* **Your assignment**: Gather all lines in the data that hold the string "Option".

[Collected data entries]
******

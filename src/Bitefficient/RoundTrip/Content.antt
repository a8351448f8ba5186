-- ===== src/Bitefficient/RoundTrip/Content.antt =====
-- The content is read back, as a string or as bytes with their number.
use multiagent_fipa_acl.Bitefficient.RoundTrip.Trees.{content_tree}
use multiagent_fipa_acl.Bitefficient.Format.Message.{content_body}
use multiagent_fipa_acl.Bitefficient.Reads.{lead-failed, Reads}
use multiagent_fipa_acl.Base.{
  leb, nat_beq, nat_beq_iff, Bool-cases, nat_eq, Text, text_eq, length, ok, ℕ, ◌%◌, ◌≤◌, ◌<◌, ◌≡◌,
  refl, sym, ap, ◌∙◌, subst, inl, inr, [], ◌∷◌, ◌++◌, append_assoc, arith,
}
use multiagent_fipa_acl.Message.{strlen}
use multiagent_fipa_acl.Bitefficient.Grammar.Expressions.{bin_string}
use multiagent_fipa_acl.Bitefficient.Qi.{Host, Qi, matched}
use multiagent_fipa_acl.Bitefficient.Decimal.{
  decimal_lem, print_int-decimal, print_int, is_digit, AreDigits,
}
use multiagent_fipa_acl.Bitefficient.Grammar.{byte_length_header}

strlen_le : (t : Text) → strlen t ≤ length t
strlen_le [] = omega arith
strlen_le (c ∷ t) = ground (arith, strlen_le t)

module _ (qi : Qi) where
  bytes_read : (t rest : Text) → qi.repeated (length t) qi.any_byte (t ++ rest) ≡ matched t rest
  bytes_read [] rest = qi.repeated-zero rest
  bytes_read (c ∷ t) rest =
      qi.repeated-matched (qi.any_byte-matched c (t ++ rest)) (bytes_read t rest)

  -- Bytes in front of a zero byte, none of which is zero.
  nonzero_read :
      (t rest : Text)
      → strlen t ≡ length t
      → qi.star (qi.minus qi.any_byte (qi.byte 0x00)) (t ++ 0x00 ∷ rest) ≡ matched t (0x00 ∷ rest)
  nonzero_read [] rest h = qi.star-failed (qi.minus-failed (qi.byte-matched 0x00 rest))
  nonzero_read (c ∷ t) rest h =
      qi.star-matched (omega arith)
        (qi.minus-matched (qi.byte-failed 0x00 (c ∷ t ++ 0x00 ∷ rest) (ground arith))
          ∙ qi.any_byte-matched c _)
        (nonzero_read t rest (ground (arith, strlen_le t)))

  digits_read :
      (t rest : Text)
      → AreDigits t
      → qi.star (qi.ascii is_digit) (t ++ 0x22 ∷ rest) ≡ matched t (0x22 ∷ rest)
  digits_read [] rest h = qi.star-failed (qi.ascii-failed _ 0x22 rest refl)
  digits_read (c ∷ t) rest h =
      qi.star-matched (omega arith) (qi.ascii-matched _ c _ (ground (arith, h.0)) h.0)
        (digits_read t rest h.1)

  header_read :
      (t rest : Text)
      → AreDigits t
      → 0 < length t
      → byte_length_header qi (0x23 ∷ t ++ 0x22 ∷ rest) ≡ matched t rest
  header_read [] rest h k = absurd (omega arith)
  header_read (c ∷ t) rest h k =
      qi.act-matched
        (qi.seq-matched (qi.ascii-matched _ 0x23 _ (omega arith) refl) (
          qi.seq-matched
            (qi.seq-matched (qi.ascii-matched _ c _ (ground (arith, h.0)) h.0)
              (digits_read t rest h.1))
            (qi.ascii-matched _ 0x22 rest (omega arith) refl)))
        refl

-- What the content is read as: a string comes with the digits of its length.
string_text :
    (t c rest : Text) → (t ++ (0x22 ∷ c ++ 0x00 ∷ [])) ++ rest ≡ t ++ (0x22 ∷ c ++ 0x00 ∷ rest)
string_text t c rest =
    append_assoc t (0x22 ∷ c ++ 0x00 ∷ []) rest
    ∙ ap (λ s. t ++ (0x22 ∷ s)) (append_assoc c (0x00 ∷ []) rest)

print_int-AreDigits :
    (n : ℕ) → n < 2147483648 → AreDigits (print_int n) × (0 < length (print_int n))
print_int-AreDigits n h =
    subst (λ t. AreDigits t × (0 < length t)) (sym (print_int-decimal n h))
      ((decimal_lem n).0, (decimal_lem n).1)

module _ (qi : Qi) where
  string_body :
      (c rest : Text)
      → length c < 2147483648
      → strlen c ≡ length c
      → bin_string qi ((0x14 ∷ 0x23 ∷ print_int (length c) ++ (0x22 ∷ c ++ 0x00 ∷ [])) ++ rest)
        ≡ matched (record { encoding = print_int (length c); bytes = c }) rest
  string_body c rest h k =
      subst
        (λ s.
          bin_string qi (0x14 ∷ 0x23 ∷ s)
          ≡ matched (record { encoding = print_int (length c); bytes = c }) rest)
        (sym (string_text (print_int (length c)) c rest))
        (qi.alt-matched (
          qi.alt-matched (
            qi.act-matched
              (qi.seq-matched (qi.byte-matched 0x14 _) (
                qi.alt-failed (
                  qi.act-failed
                    (qi.seq-failed (qi.act-failed (qi.seq-failed (qi.ascii-failed _ 0x23 _ refl)))))
                ∙ qi.act-matched
                    (qi.seq-matched
                      (qi.act-matched
                        (qi.seq-matched
                          (header_read qi (print_int (length c)) (c ++ 0x00 ∷ rest)
                            (print_int-AreDigits (length c) h).0
                            (print_int-AreDigits (length c) h).1)
                          (nonzero_read qi c rest k))
                        refl)
                      (qi.byte-matched 0x00 rest))
                    refl))
              refl)))

  small_body :
      (c rest : Text)
      → bin_string qi (0x16 ∷ length c ∷ c ++ rest)
        ≡ matched (record { encoding = []; bytes = c }) rest
  small_body c rest = qi.alt-matched (
      qi.alt-failed (lead-failed qi 0x14 (ground arith))
      ∙ qi.alt-matched (
          qi.act-matched
            (qi.seq-matched (qi.byte-matched 0x16 _) (
              qi.pass-matched (qi.any_byte-matched (length c) (c ++ rest))
              ∙ qi.act-matched (bytes_read qi c rest) refl))
            refl))

  word_body :
      (c rest : Text)
      → length c < 65536
      → bin_string qi ((0x17 ∷ qi.host.word_bytes (qi.host.htons (length c)) ++ c) ++ rest)
        ≡ matched (record { encoding = []; bytes = c }) rest
  word_body c rest h =
      subst
        (λ w.
          bin_string qi ((0x17 ∷ w ++ c) ++ rest)
          ≡ matched (record { encoding = []; bytes = c }) rest)
        (sym (qi.host.word_bytes-htons (length c) h))
        (qi.alt-matched (
          qi.alt-failed (lead-failed qi 0x14 (ground arith))
          ∙ qi.alt-failed (lead-failed qi 0x16 (ground arith))
          ∙ qi.alt-matched (
              qi.act-matched
                (qi.seq-matched (qi.byte-matched 0x17 _) (
                  qi.pass-matched (
                    qi.act-matched (qi.word-matched _ _ (c ++ rest))
                      (ap ok (qi.host.ntohs-word_at _ _ (omega arith) (omega arith) ∙ omega arith)))
                  ∙ qi.act-matched (bytes_read qi c rest) refl))
                refl)))

  dword_body :
      (c rest : Text)
      → length c < 4294967296
      → bin_string qi ((0x19 ∷ qi.host.dword_bytes (qi.host.htonl (length c)) ++ c) ++ rest)
        ≡ matched (record { encoding = []; bytes = c }) rest
  dword_body c rest h =
      subst
        (λ w.
          bin_string qi ((0x19 ∷ w ++ c) ++ rest)
          ≡ matched (record { encoding = []; bytes = c }) rest)
        (sym (qi.host.dword_bytes-htonl (length c) h))
        (qi.alt-matched (
          qi.alt-failed (lead-failed qi 0x14 (ground arith))
          ∙ qi.alt-failed (lead-failed qi 0x16 (ground arith))
          ∙ qi.alt-failed (lead-failed qi 0x17 (ground arith))
          ∙ qi.act-matched
              (qi.seq-matched (qi.byte-matched 0x19 _) (
                qi.pass-matched (
                  qi.act-matched (qi.dword-matched _ _ _ _ (c ++ rest)) (
                    ap ok (
                      qi.host.ntohl-dword_at _ _ _ _ (omega arith) (omega arith) (omega arith)
                        (omega arith)
                      ∙ omega arith)))
                ∙ qi.act-matched (bytes_read qi c rest) refl))
              refl))

  content_read :
      (c rest : Text)
      → length c < 2147483648
      → bin_string qi (content_body qi.host c (length c) ++ rest)
        ≡ matched (content_tree c (length c)) rest
  content_read c rest h = elim (Bool-cases (nat_beq (strlen c) (length c))) [
    | inl t ↦ rw t (string_body c rest h ((nat_beq_iff _ _).0 t))
    | inr f ↦ elim (Bool-cases (leb (length c) 255)) [
      | inl s ↦ rw (f, s) (small_body c rest)
      | inr l ↦ elim (Bool-cases (leb (length c) 65535)) [
        | inl s ↦ rw (f, l, s) (word_body c rest (ground arith))
        | inr o ↦ rw (f, l, o) (dword_body c rest (omega arith))
      ]
    ]
  ]

  body_nonempty : (host : Host) (c : Text) (d : ℕ) → 0 < length (content_body host c d)
  body_nonempty host c d = elim (Bool-cases (nat_beq (strlen c) d)) [
    | inl t ↦ rw t (omega arith)
    | inr f ↦ elim (Bool-cases (leb d 255)) [
      | inl s ↦ rw (f, s) (omega arith)
      | inr l ↦ elim (Bool-cases (leb d 65535)) [
        | inl s ↦ rw (f, l, s) (omega arith)
        | inr o ↦ rw (f, l, o) (omega arith)
      ]
    ]
  ]

  Reads-body :
      (c : Text)
      → length c < 2147483648
      → Reads (bin_string qi) (ok (content_body qi.host c (length c))) (content_tree c (length c))
  Reads-body c h = record {
    text = content_body qi.host c (length c);
    written = refl;
    read = λ rest. content_read c rest h;
    nonempty = body_nonempty qi.host c (length c);
  }

  pub Reads-content :
      (c : Text)
      → length c < 2147483648
      → Reads
          (bin_string qi)
          (ok (content_body qi.host c (length c % 4294967296)))
          (content_tree c (length c % 4294967296))
  Reads-content c h =
      subst (λ d. Reads (bin_string qi) (ok (content_body qi.host c d)) (content_tree c d))
        (omega arith) (Reads-body c h)
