-- ===== src/Security/ApiKeySecret.antt =====
-- src/security/service/api_key_secret.rs: the wire format `egras_<env>_<prefix8>_<secret>`.
-- A text is the list of its UTF-8 bytes; a byte of a multi-byte character is above 127, so a test
-- for ASCII characters and a search for `_` read the bytes as they would the characters.
pub mod Splitting
pub mod RoundTrip
pub mod Tests
use egras.Prelude.{
  ℕ, zero, suc, Bool, ◌&&◌, ◌||◌, not, Option, none, some, List, [], ◌∷◌, ◌++◌, length, all, leb,
  ◌==◌, ℕ_eq, if◌then◌else◌, bytes,
}

pub record ParsedKey : Type 0 where
  pub env : List ℕ
  pub prefix : List ℕ
  pub secret : List ℕ

pub record GeneratedKey : Type 0 where
  pub prefix : List ℕ
  pub plaintext : List ℕ
  pub secret : List ℕ

-- `str::strip_prefix`
unfoldable pub strip_prefix : List ℕ → List ℕ → Option (List ℕ)
strip_prefix [] s = some s
strip_prefix (p ∷ ps) [] = none
strip_prefix (p ∷ ps) (c ∷ s) = if p == c then strip_prefix ps s else none

abbrev prepend : ℕ → Option (List ℕ × List ℕ) → Option (List ℕ × List ℕ)
prepend c none = none
prepend c (some (a, b)) = some (c ∷ a, b)

-- What stands before and after the first `sep`.
pub split_once : ℕ → List ℕ → Option (List ℕ × List ℕ)
split_once sep [] = none
split_once sep (c ∷ s) = if c == sep then some ([], s) else prepend c (split_once sep s)

-- `str::splitn`: at most `n` parts, the last of them with all that is left.
splitn : ℕ → ℕ → List ℕ → List (List ℕ)
splitn zero sep s = []
splitn (suc zero) sep s = s ∷ []
splitn (suc (suc n)) sep s = elim (split_once sep s) [
  | none ↦ s ∷ []
  | some (a, rest) ↦ a ∷ splitn (suc n) sep rest
]

-- `char::is_ascii_hexdigit`
unfoldable pub is_ascii_hexdigit : ℕ → Bool
is_ascii_hexdigit c =
    leb b'0' c && leb c b'9' || leb b'a' c && leb c b'f' || leb b'A' c && leb c b'F'

abbrev is_empty : List ℕ → Bool
is_empty [] = Bool.true
is_empty (_ ∷ _) = Bool.false

-- The tests on the three parts.
parse_parts : List (List ℕ) → Option ParsedKey
parse_parts (env ∷ prefix ∷ secret ∷ []) =
    if not (length prefix == 8) || not (all is_ascii_hexdigit prefix)
    then none
    else if is_empty secret
    then none
    else some (record { env = env; prefix = prefix; secret = secret })
parse_parts _ = none

abbrev egras_prefix : List ℕ
egras_prefix = bytes "egras_"

pub parse : List ℕ → Option ParsedKey
parse s = elim (strip_prefix egras_prefix s) [
  | none ↦ none
  | some body ↦ parse_parts (splitn 3 b'_' body)
]

-- `hex_encode` and `base64_encode` are the crates'; the bytes come from the random generator.
module _ (hex_encode base64_encode : List ℕ → List ℕ) where
  unfoldable pub generate : List ℕ → List ℕ → GeneratedKey
  generate prefix_bytes secret_bytes =
      let prefix = hex_encode prefix_bytes in
      let secret = base64_encode secret_bytes in
      record {
        prefix = prefix;
        plaintext = bytes "egras_live_" ++ (prefix ++ (b'_' ∷ secret));
        secret = secret;
      }
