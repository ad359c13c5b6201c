-- ===== src/Features/Model.antt =====
-- src/features/model.rs: value types of flags, their names and their validation.
pub mod Names
pub mod Typing
use egras.Prelude.{
  ℕ, String, Bool, true, false, Option, none, some, List, all, Result, ok, err, ◌==◌, String_eq,
  if◌then◌else◌,
}
use egras.Json
use egras.Json.{Value, items, is_string}

pub data FeatureValueType : Type 0 where
  bool string int enum_set json : FeatureValueType

pub as_str : FeatureValueType → String
as_str bool = "bool"
as_str string = "string"
as_str int = "int"
as_str enum_set = "enum_set"
as_str json = "json"

unfoldable pub try_from_str : String → Option FeatureValueType
try_from_str s =
    if s == "bool"
    then some bool
    else if s == "string"
    then some string
    else if s == "int"
    then some int
    else if s == "enum_set"
    then some enum_set
    else if s == "json"
    then some json
    else none

-- The reasons that `validate` gives.
pub data Reason : Type 0 where
  expected_boolean expected_string expected_integer expected_array_of_strings : Reason

-- `is_i64` is serde_json's `Number::is_i64`.
module _ (is_i64 : ℕ → Bool) where
  unfoldable pub validate : FeatureValueType → Value → Result Reason (Unit {0})
  validate bool (Json.bool _) = ok tt
  validate string (Json.string _) = ok tt
  validate int (Json.number n) = if is_i64 n then ok tt else err expected_integer
  validate enum_set (Json.array vs) =
      if all is_string (items vs) then ok tt else err expected_array_of_strings
  validate json _ = ok tt
  validate bool _ = err expected_boolean
  validate string _ = err expected_string
  validate int _ = err expected_integer
  validate enum_set _ = err expected_array_of_strings

pub record FeatureDefinition : Type 0 where
  pub slug : String
  pub value_type : FeatureValueType
  pub default_value : Value
  pub description : String
  pub self_service : Bool

pub record OrgFeatureOverride : Type 0 where
  pub organisation_id : ℕ
  pub slug : String
  pub value : Value
  pub updated_at : ℕ
  pub updated_by : ℕ

pub data FeatureSource : Type 0 where
  default override : FeatureSource

pub record EvaluatedFeature : Type 0 where
  pub slug : String
  pub value : Value
  pub source : FeatureSource
  pub value_type : FeatureValueType
  pub self_service : Bool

******

* **Result of the task**:
  ℕ, zero, suc, Bool, ◌&&◌, ◌||◌, not, Option, none, some, List, [], ◌∷◌, ◌++◌, length, all, leb,
unfoldable pub strip_prefix : List ℕ → List ℕ → Option (List ℕ)
abbrev prepend : ℕ → Option (List ℕ × List ℕ) → Option (List ℕ × List ℕ)
pub split_once : ℕ → List ℕ → Option (List ℕ × List ℕ)
parse_parts : List (List ℕ) → Option ParsedKey
pub parse : List ℕ → Option ParsedKey
  ℕ, String, Bool, true, false, Option, none, some, List, all, Result, ok, err, ◌==◌, String_eq,
unfoldable pub try_from_str : String → Option FeatureValueType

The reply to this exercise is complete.